Announcement

Collapse
No announcement yet.
X
  • Filter
  • Time
  • Show
Clear All
new posts

  • egen numeric variable

    Dear Stata users,

    Please take a look at this problem: I wish to generate a unique identifier for a panel data set. The id is supposed to be composed of values drawn from three existing variables. Therefore I used this code: egen [float] ID = concat(var1 var2 var3)

    The result is almost correct. Unfortunately, the new variable ID is created as a string variable, despite the float specification in my code. Moreover, the values all look like this: 6.70e+071020 which makes it impossible to use destring as this format contains non-numeric characters. I have tried other type specifications but none of them work.

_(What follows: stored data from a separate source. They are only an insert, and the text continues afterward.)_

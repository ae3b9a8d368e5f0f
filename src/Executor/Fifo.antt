-- ===== src/Executor/Fifo.antt =====
-- The run queue is served in order, and to its end: the turns of Executor::run while no other thread
-- takes a mutex or asks for the shutdown.
use memcached.Executor.{
  Executor, Action, free, worker, idle, executing, set_owner, pop_front, take_mutex, run_execute,
  park, unlock, notify_done, insert, act, act_all, pop, lock_task, put_in_waitq, unlock_task,
  notify, call_execute,
}
use memcached.Common.{
  ℕ, ◌≡◌, refl, inl, inr, ==_iff, Bool, true, false, ◌==◌, Bool-cases, some, List, [], ◌∷◌, ◌++◌,
  length, arith, ◌∙◌,
}

-- One turn of the loop, by what the task's call_execute returns.
abbrev pub turn : Bool → List Action
turn true = pop ∷ lock_task ∷ call_execute true ∷ notify ∷ []
turn false = pop ∷ lock_task ∷ call_execute false ∷ put_in_waitq ∷ unlock_task ∷ []

abbrev pub turns : List Bool → List Action
turns [] = pop ∷ lock_task ∷ []
turns (result ∷ results) = turn result ++ turns results

-- The executor waits for work, it is not to stop, and no mutex is held.
pub record Idle (e : Executor) (runq : List ℕ) : Type 0 where
  pub waiting : e.stage ≡ idle
  pub goes_on : e.shutdown ≡ false
  pub unlocked : (t : ℕ) → e.owner t ≡ free
  pub queue : e.runq ≡ runq

-- The executor as it runs the first task of its queue.
abbrev begun : ℕ → List ℕ → Executor → Executor
begun t runq e = record (set_owner t worker e) { stage = executing t; runq = runq }

begin_lem :
    (t : ℕ) (runq : List ℕ) (actions : List Action) (e : Executor)
    → Idle e (t ∷ runq)
    → act_all (pop ∷ lock_task ∷ actions) e ≡ act_all actions (begun t runq e)
unfolding act_all act pop_front take_mutex set_owner
begin_lem t runq actions e r = rw (act_all, r.waiting, r.goes_on, r.queue) (rw (r.unlocked t) refl)

owner_given_back :
    (t : ℕ) (e : Executor)
    → ((u : ℕ) → e.owner u ≡ free)
    → (u : ℕ) → (set_owner t free (set_owner t worker e)).owner u ≡ free
unfolding set_owner
owner_given_back t e unlocked u = elim (Bool-cases (u == t)) [
  | inl same ↦ rw same refl
  | inr other ↦ rw (other) (unlocked u)
]

turn_lem :
    (t : ℕ) (runq : List ℕ) (result : Bool) (actions : List Action) (e : Executor)
    → Idle e (t ∷ runq)
    → (e' : Executor) × (act_all (turn result ++ actions) e ≡ act_all actions e') × Idle e' runq
unfolding act_all act run_execute notify_done park unlock set_owner
turn_lem t runq true actions e r =
    let e₁ = set_owner t free (set_owner t worker e) in
    (
      record e₁ { stage = idle; runq = runq; completed = t ∷ e.completed },
      begin_lem t runq (call_execute true ∷ notify ∷ actions) e r,
      record {
        waiting = refl;
        goes_on = r.goes_on;
        unlocked = owner_given_back t e r.unlocked;
        queue = refl;
      },
    )
turn_lem t runq false actions e r =
    let e₁ = set_owner t free (set_owner t worker e) in
    (
      record e₁ { stage = idle; runq = runq; waitq = insert t e.waitq },
      begin_lem t runq (call_execute false ∷ put_in_waitq ∷ unlock_task ∷ actions) e r,
      record {
        waiting = refl;
        goes_on = r.goes_on;
        unlocked = owner_given_back t e r.unlocked;
        queue = refl;
      },
    )

-- Where no mutex is held and the shutdown is not asked for, a task with n tasks before it in the run
-- queue is executed after n turns of the executor's thread, whatever these tasks return, with its
-- mutex held and the tasks behind it still queued.
pub turns-executing :
    (before : List ℕ) (t : ℕ) (after : List ℕ) (results : List Bool) (e : Executor)
    → Idle e (before ++ t ∷ after)
    → length results ≡ length before
    → (e' : Executor) × (act_all (turns results) e ≡ some e')
      × (e'.stage ≡ executing t)
      × (e'.owner t ≡ worker)
      × (e'.runq ≡ after)
unfolding act_all set_owner
turns-executing [] t after [] e r h =
    (begun t after e, begin_lem t after [] e r, refl, rw ((==_iff t t).1 refl) refl, refl)
turns-executing [] t after (result ∷ results) e r h = absurd (omega arith)
turns-executing (u ∷ before) t after [] e r h = absurd (omega arith)
turns-executing (u ∷ before) t after (result ∷ results) e r h =
    let (e₁, moved, ready) = turn_lem u (before ++ t ∷ after) result (turns results) e r in
    let (e', ran, stage, own, queue) =
      turns-executing before t after results e₁ ready (omega arith) in
    (e', moved ∙ ran, stage, own, queue)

    Does anyone know how to do in order to get an output that looks like this: 670007181020 ?

    Thank you!

  • #2
    Code:
    egen ID = concat(var1 var2 var3), format("%13.0f")
    See

    Code:
    help format

    EDIT: To convert to numeric, it's better to use the -group()- function of egen. This will be more efficient than directly destringing.

    Code:
    egen NID= group(ID), lab
    Last edited by Andrew Musau; 22 Apr 2020, 03:01.

    Comment


    • #3
      https://www.stata-journal.com/sjpdf....iclenum=dm0034 will be found to support Andrew Musau's advice.

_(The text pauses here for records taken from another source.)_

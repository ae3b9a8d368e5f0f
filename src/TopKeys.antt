-- ===== src/TopKeys.antt =====
-- The keys used most recently: daemon/topkeys.h, daemon/topkeys.cc and the hash of daemon/buffer.h.
-- A pointer to an element of `storage` is its index. A shard's mutex is held throughout each operation,
-- so that each is one step.
pub mod Lru
pub mod Counts
pub mod Storage
pub mod Visited
pub mod Distinct
pub mod Refines
pub mod Whole
pub mod Lost
use Prim.Native.Nat.{bit_and, bit_xor}
use memcached.Common.{
  ℕ, zero, suc, ◌+◌, ◌-◌, ◌*◌, ◌%◌, ◌^◌, Bool, true, false, ◌&&◌, ltb, ◌==◌, if◌then◌else◌, Option,
  none, some, List, [], ◌∷◌, ◌++◌, length,
}

-- `topkey_t`: the KeyId and the topkey_item_t. A key is its bytes.
pub record Topkey : Type 0 where
  pub hash : ℕ
  pub key : List ℕ
  pub ti_ctime : ℕ
  pub ti_access_count : ℕ

-- `max_keys`, the list from the most recently used to the least, and the storage.
pub record Shard : Type 0 where
  pub max_keys : ℕ
  pub list : List ℕ
  pub storage : List Topkey

-- `size_t(base[ii])` of a char, which is signed
unfoldable pub size_of_char : ℕ → ℕ
size_of_char c = if ltb c 128 then c else 2 ^ 64 - 256 + c

-- The loop of hash_array; `rv` is the value so far.
unfoldable pub hash_array : ℕ → List ℕ → ℕ
unfolding size_of_char
hash_array rv [] = rv
hash_array rv (c ∷ base) =
    hash_array (bit_xor ((rv * 2 ^ 5 % 2 ^ 64 + rv) % 2 ^ 64) (size_of_char c)) base

-- The operator of std::hash<const_sized_buffer>.
unfoldable pub hash_fn : List ℕ → ℕ
unfolding hash_array
hash_fn key = hash_array 5381 key

-- std::string::compare with a buffer, against 0
unfoldable pub same_key : List ℕ → List ℕ → Bool
same_key [] [] = true
same_key (a ∷ xs) (b ∷ ys) = a == b && same_key xs ys
same_key _ _ = false

-- The test of searchForKey: the hash, then the full compare.
unfoldable pub matches : ℕ → List ℕ → Topkey → Bool
unfolding same_key
matches key_hash key topkey = topkey.hash == key_hash && same_key topkey.key key

-- The loop of searchForKey; `i` is the index of the first element.
unfoldable pub search_for_key : ℕ → List ℕ → ℕ → List Topkey → Option ℕ
unfolding matches
search_for_key key_hash key i [] = none
search_for_key key_hash key i (topkey ∷ storage) =
    let rest = search_for_key key_hash key (suc i) storage in
    if matches key_hash key topkey then some i else rest

infixl 5 ◌>>=◌
abbrev pub ◌>>=◌ {ℓ κ} : {A : Type ℓ} {B : Type κ} → Option A → (A → Option B) → Option B
none >>= f = none
some a >>= f = f a

-- Reading through a pointer; none is undefined behaviour.
unfoldable pub get_elem? {ℓ} : {A : Type ℓ} → List A → ℕ → Option A
get_elem? [] i = none
get_elem? (x ∷ xs) zero = some x
get_elem? (x ∷ xs) (suc i) = get_elem? xs i

-- Writing through a pointer.
unfoldable pub set_elem {ℓ} : {A : Type ℓ} → List A → ℕ → A → List A
set_elem [] i y = []
set_elem (x ∷ xs) zero y = y ∷ xs
set_elem (x ∷ xs) (suc i) y = x ∷ set_elem xs i y

-- `list.back()` beside the list without it; on an empty list the source's behaviour is undefined.
unfoldable pub pop_back {ℓ} : {A : Type ℓ} → List A → Option (List A × A)
pop_back [] = none
pop_back (x ∷ []) = some ([], x)
pop_back (x ∷ y ∷ xs) = do (rest, last) ← pop_back (y ∷ xs); some (x ∷ rest, last)

-- The list without the node that std::find returns; where it returns `end()`, the splice is undefined.
unfoldable pub unlink : ℕ → List ℕ → Option (List ℕ)
unlink i [] = none
unlink i (j ∷ list) =
    let rest = unlink i list in if j == i then some list else do list' ← rest; some (j ∷ list')

-- `topkey_item_t(ct)` under a key.
unfoldable pub fresh_topkey : ℕ → List ℕ → ℕ → Topkey
fresh_topkey key_hash key ct = record {
  hash = key_hash;
  key = key;
  ti_ctime = ct;
  ti_access_count = 0;
}

-- The largest int.
abbrev pub int_max : ℕ
int_max = 2 ^ 31 - 1

abbrev pub counted : Topkey → Topkey
counted t = record t { ti_access_count = t.ti_access_count + 1 }

-- `ti_access_count++`; the count is an int, whose overflow is undefined behaviour.
unfoldable pub count_access : Topkey → Option Topkey
count_access t = if ltb t.ti_access_count int_max then some (counted t) else none

-- What the allocator answers during an access: all it is asked for, no memory for the key's string, or
-- none for the node of the list. The storage has been reserved.
pub data Allocation : Type 0 where
  allocated no_string no_node : Allocation

-- The lowest key's element is used again; none for its index is std::bad_alloc.
unfoldable pub reuse : Allocation → Shard → List ℕ → ℕ → List ℕ → ℕ → ℕ → Option (Option ℕ × Shard)
unfolding get_elem? set_elem fresh_topkey
reuse no_string s rest found_key key key_hash ct = do
  topkey ← get_elem? s.storage found_key
  some (
    none,
    record s { storage = set_elem s.storage found_key (record topkey { hash = key_hash }) },
  )
reuse _ s rest found_key key key_hash ct = some (
  some found_key,
  record s {
    list = found_key ∷ rest;
    storage = set_elem s.storage found_key (fresh_topkey key_hash key ct);
  },
)

-- A new element at the end of the storage; without a node, it is left out of the list.
unfoldable pub emplace : Allocation → Shard → List ℕ → ℕ → ℕ → Option ℕ × Shard
unfolding fresh_topkey
emplace allocated s key key_hash ct = (
  some (length s.storage),
  record s {
    list = length s.storage ∷ s.list;
    storage = s.storage ++ fresh_topkey key_hash key ct ∷ [];
  },
)
emplace no_string s key key_hash ct = (none, s)
emplace no_node s key key_hash ct =
    (none, record s { storage = s.storage ++ fresh_topkey key_hash key ct ∷ [] })

-- The branch for a key that is not stored: the index of its element, and the shard with it at the front.
unfoldable pub place : Allocation → Shard → List ℕ → ℕ → ℕ → Option (Option ℕ × Shard)
unfolding pop_back reuse emplace
place allocation s key key_hash ct =
    if length s.storage == s.max_keys
    then (do (rest, found_key) ← pop_back s.list; reuse allocation s rest found_key key key_hash ct)
    else some (emplace allocation s key key_hash ct)

-- The branch for a key that is.
unfoldable pub shuffle : Shard → ℕ → Option (Option ℕ × Shard)
unfolding unlink
shuffle s found_key = do
  rest ← unlink found_key s.list
  some (some found_key, record s { list = found_key ∷ rest })

-- The last step: the access is counted through the pointer, and true is returned; std::bad_alloc makes
-- it false.
unfoldable pub count_at : Option ℕ × Shard → Option (Bool × Shard)
unfolding get_elem? set_elem count_access
count_at (none, s) = some (false, s)
count_at (some i, s) = do
  topkey ← get_elem? s.storage i
  topkey' ← count_access topkey
  some (true, record s { storage = set_elem s.storage i topkey' })

-- Shard::updateKey; none is undefined behaviour.
unfoldable pub shard_update_key : Allocation → Shard → List ℕ → ℕ → ℕ → Option (Bool × Shard)
unfolding search_for_key place shuffle count_at
shard_update_key allocation s key key_hash ct =
    elim (search_for_key key_hash key 0 s.storage) [
      | none ↦ place allocation s key key_hash ct
      | some found_key ↦ shuffle s found_key
    ]
    >>= count_at

-- Shard::accept_visitor: the elements that the visitor is given, in order.
unfoldable pub accept_visitor : List Topkey → List ℕ → Option (List Topkey)
unfolding get_elem?
accept_visitor storage [] = some []
accept_visitor storage (i ∷ list) = do
  topkey ← get_elem? storage i
  rest ← accept_visitor storage list
  some (topkey ∷ rest)

-- A shard after the constructor: setMaxKeys with a size that is not negative.
unfoldable pub set_max_keys : ℕ → Shard
set_max_keys mkeys = record { max_keys = mkeys; list = []; storage = [] }

abbrev pub num_shards : ℕ
num_shards = 8

-- The eight shards that TopKeys::TopKeys makes.
unfoldable pub new_topkeys : ℕ → List Shard
unfolding set_max_keys
new_topkeys mkeys = fill num_shards
  where
    fill : ℕ → List Shard
    fill zero = []
    fill (suc n) = set_max_keys mkeys ∷ fill n

-- The index that getShard uses.
unfoldable pub get_shard : ℕ → ℕ
get_shard key_hash = bit_and key_hash 0x7

-- TopKeys::updateKey; none is undefined behaviour. A key that is null or empty is an assertion's
-- failure, and the callers give neither.
unfoldable pub update_key : Allocation → List Shard → List ℕ → ℕ → Option (List Shard)
unfolding hash_fn get_shard get_elem? set_elem shard_update_key
update_key allocation shards key operation_time = do
  let key_hash = hash_fn key
  let i = get_shard key_hash
  shard ← get_elem? shards i
  (updated, shard') ← shard_update_key allocation shard key key_hash operation_time
  some (set_elem shards i shard')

      The help documents that concat() produces a string variable and as the original author (about 1998) I endorse that. In fact looking at the code will show that type declarations are ignored.

      Comment


      • #4
        Thank you both for your advice!

        Although the type is now float, unfortunately the group function does not seem to solve the format issue: variable contents include e+07 rather than the correct numbers as from the original variable var1 of the concat argument. It seems that this part of information is lost when the concat function is applied.

        Perhaps there is another function to compose a numeric variable from multiple other variables that I do not know yet. I will see what I can find and thank you much for your help!


        Comment


        • #5
          There is no data example here to focus minds. Please note https://www.statalist.org/forums/help#stata

          In mathematics abstraction is often the key to making progress but in statistics concreteness is often helpful to make plain what you are trying to do.

          var1 var2 var3 is too abstract to make a problem clear but an example like 670007181020 does help a little.

          Are the original variables numeric or string? Why do you want a numeric result? How many distinct values are there for the combination of three variables?

          Somewhat contrary to advice given here you have produced a float somehow -- with code you do not show us -- but what experiment will make clear is that

          1. There are not enough bits in a float to hold numbers like 670007181020 accurately.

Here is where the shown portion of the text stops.